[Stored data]
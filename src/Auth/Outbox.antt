-- ===== src/Auth/Outbox.antt =====
-- services/auth/src/plugins/outbox.ts: one cycle of the publication of the auth service's events,
-- with the circuit breaker that it has in common with the core service's poller. `by_age` is the
-- database's order by the time of creation, and a payload is what the event's class is made of.
pub mod Order
use devops_lab.Prelude.{
  ℕ, ◌+◌, ◌≡◌, Bool, true, false, ◌&&◌, ◌||◌, not, String, string_eq, nat_eq, ◌==◌, List, [], ◌∷◌,
  ◌++◌, leb, ltb, take, if◌then◌else◌,
}
use devops_lab.Services.{Prisma}
use devops_lab.Core.Poller.{Breaker, Attempt, is_acked, is_sent, batch_size, reset, trip}

pub record AuthOutboxEvent (Payload : Type 0) : Type 0 where
  pub id : ℕ
  pub event_type : String
  pub payload : Payload
  pub processed : Bool
  pub retry_count : ℕ
  pub failed : Bool

-- The table, and what Kafka has been sent.
pub record AuthOutbox (P : Prisma) (Payload : Type 0) : Type 0 where
  pub table : P.Table (AuthOutboxEvent Payload)
  pub kafka : List (String × Payload)

-- The types that the switch knows; an event of another type is skipped and stays as it is.
abbrev pub is_known_type : String → Bool
is_known_type t =
    t == "UserRegisteredEvent"
    || (t == "EmailVerificationRequestedEvent"
        || (t == "PasswordResetRequestedEvent" || t == "UserDeletedEvent"))

module _ {Payload : Type 0} where
  abbrev pub is_known : AuthOutboxEvent Payload → Bool
  is_known e = is_known_type e.event_type

  abbrev pub is_unsent : AuthOutboxEvent Payload → Bool
  is_unsent e = not e.processed && not e.failed

  abbrev pub same_event : AuthOutboxEvent Payload → AuthOutboxEvent Payload → Bool
  same_event e r = r.id == e.id

  abbrev pub count_retry :
      AuthOutboxEvent Payload → AuthOutboxEvent Payload → AuthOutboxEvent Payload
  count_retry e r = record r { retry_count = e.retry_count + 1; failed = leb 5 (e.retry_count + 1) }

  abbrev pub sent_of : AuthOutboxEvent Payload → String × Payload
  sent_of e = (e.event_type, e.payload)

module _ (P : Prisma) {Payload : Type 0} where
  -- `kafka.emit`, raced against five seconds.
  abbrev pub emit_event :
      Attempt → AuthOutboxEvent Payload → AuthOutbox P Payload → AuthOutbox P Payload
  emit_event a e s = if is_sent a.kafka then record s { kafka = s.kafka ++ sent_of e ∷ [] } else s

  -- The loop over the events: the first failure is counted and ends it.
  unfoldable pub process_all :
      (AuthOutboxEvent Payload → Attempt)
      → List (AuthOutboxEvent Payload)
      → AuthOutbox P Payload
      → Breaker
      → AuthOutbox P Payload × Breaker
  unfolding reset trip
  process_all a [] s b = (s, b)
  process_all a (e ∷ es) s b =
      let s' = emit_event (a e) e s in
      let marked = record s' {
        table = P.update_many (same_event e) (λ r. record r { processed = true }) s'.table;
      } in
      let retried = record s' { table = P.update_many (same_event e) (count_retry e) s'.table } in
      let skipped = process_all a es s b in
      let rest = process_all a es marked (reset b) in
      if is_known e
      then (if is_acked (a e).kafka && (a e).mark_ok
          then rest
          else (if (a e).retry_ok
              then (retried, trip (a e).failed_at b)
              else (s', record b { consecutive_failures = b.consecutive_failures + 1 })))
      else skipped

  -- The events of a cycle: ten at most, the oldest first.
  abbrev pub batch_of :
      (List (AuthOutboxEvent Payload) → List (AuthOutboxEvent Payload))
      → AuthOutbox P Payload
      → List (AuthOutboxEvent Payload)
  batch_of by_age s = take batch_size (by_age (P.find_many is_unsent s.table))

  -- `processOutbox()`, one at a time; `ready` is `isProducerReady`.
  unfoldable pub process_outbox :
      (List (AuthOutboxEvent Payload) → List (AuthOutboxEvent Payload))
      → (AuthOutboxEvent Payload → Attempt)
      → ℕ
      → Bool
      → AuthOutbox P Payload
      → Breaker
      → AuthOutbox P Payload × Breaker
  unfolding process_all
  process_outbox by_age a now ready s b =
      if ltb now b.circuit_open_until
      then (s, b)
      else (if ready then process_all a (batch_of by_age s) s b else (s, b))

### Task description
Retype the entries exactly, please. Leave no line out.

### Answer for the task
filename src/Auth/Outbox.antt
-- ===== src/Auth/Outbox.antt =====
-- services/auth/src/plugins/outbox.ts: one cycle of the publication of the auth service's events,
-- with the circuit breaker that it has in common with the core service's poller. `by_age` is the
-- database's order by the time of creation, and a payload is what the event's class is made of.
pub mod Order
use devops_lab.Prelude.{
  ℕ, ◌+◌, ◌≡◌, Bool, true, false, ◌&&◌, ◌||◌, not, String, string_eq, nat_eq, ◌==◌, List, [], ◌∷◌,
  ◌++◌, leb, ltb, take, if◌then◌else◌,
}
use devops_lab.Services.{Prisma}
use devops_lab.Core.Poller.{Breaker, Attempt, is_acked, is_sent, batch_size, reset, trip}

pub record AuthOutboxEvent (Payload : Type 0) : Type 0 where
  pub id : ℕ
  pub event_type : String
  pub payload : Payload
  pub processed : Bool
  pub retry_count : ℕ
  pub failed : Bool

-- The table, and what Kafka has been sent.
pub record AuthOutbox (P : Prisma) (Payload : Type 0) : Type 0 where
  pub table : P.Table (AuthOutboxEvent Payload)
  pub kafka : List (String × Payload)

-- The types that the switch knows; an event of another type is skipped and stays as it is.
abbrev pub is_known_type : String → Bool
is_known_type t =
    t == "UserRegisteredEvent"
    || (t == "EmailVerificationRequestedEvent"
        || (t == "PasswordResetRequestedEvent" || t == "UserDeletedEvent"))

module _ {Payload : Type 0} where
  abbrev pub is_known : AuthOutboxEvent Payload → Bool
  is_known e = is_known_type e.event_type

  abbrev pub is_unsent : AuthOutboxEvent Payload → Bool
  is_unsent e = not e.processed && not e.failed

  abbrev pub same_event : AuthOutboxEvent Payload → AuthOutboxEvent Payload → Bool
  same_event e r = r.id == e.id

  abbrev pub count_retry :
      AuthOutboxEvent Payload → AuthOutboxEvent Payload → AuthOutboxEvent Payload
  count_retry e r = record r { retry_count = e.retry_count + 1; failed = leb 5 (e.retry_count + 1) }

  abbrev pub sent_of : AuthOutboxEvent Payload → String × Payload
  sent_of e = (e.event_type, e.payload)

module _ (P : Prisma) {Payload : Type 0} where
  -- `kafka.emit`, raced against five seconds.
  abbrev pub emit_event :
      Attempt → AuthOutboxEvent Payload → AuthOutbox P Payload → AuthOutbox P Payload
  emit_event a e s = if is_sent a.kafka then record s { kafka = s.kafka ++ sent_of e ∷ [] } else s

  -- The loop over the events: the first failure is counted and ends it.
  unfoldable pub process_all :
      (AuthOutboxEvent Payload → Attempt)
      → List (AuthOutboxEvent Payload)
      → AuthOutbox P Payload
      → Breaker
      → AuthOutbox P Payload × Breaker
  unfolding reset trip
  process_all a [] s b = (s, b)
  process_all a (e ∷ es) s b =
      let s' = emit_event (a e) e s in
      let marked = record s' {
        table = P.update_many (same_event e) (λ r. record r { processed = true }) s'.table;
      } in
      let retried = record s' { table = P.update_many (same_event e) (count_retry e) s'.table } in
      let skipped = process_all a es s b in
      let rest = process_all a es marked (reset b) in
      if is_known e
      then (if is_acked (a e).kafka && (a e).mark_ok
          then rest
          else (if (a e).retry_ok
              then (retried, trip (a e).failed_at b)
              else (s', record b { consecutive_failures = b.consecutive_failures + 1 })))
      else skipped

  -- The events of a cycle: ten at most, the oldest first.
  abbrev pub batch_of :
      (List (AuthOutboxEvent Payload) → List (AuthOutboxEvent Payload))
      → AuthOutbox P Payload
      → List (AuthOutboxEvent Payload)
  batch_of by_age s = take batch_size (by_age (P.find_many is_unsent s.table))

  -- `processOutbox()`, one at a time; `ready` is `isProducerReady`.
  unfoldable pub process_outbox :
      (List (AuthOutboxEvent Payload) → List (AuthOutboxEvent Payload))
      → (AuthOutboxEvent Payload → Attempt)
      → ℕ
      → Bool
      → AuthOutbox P Payload
      → Breaker
      → AuthOutbox P Payload × Breaker
  unfolding process_all
  process_outbox by_age a now ready s b =
      if ltb now b.circuit_open_until
      then (s, b)
      else (if ready then process_all a (batch_of by_age s) s b else (s, b))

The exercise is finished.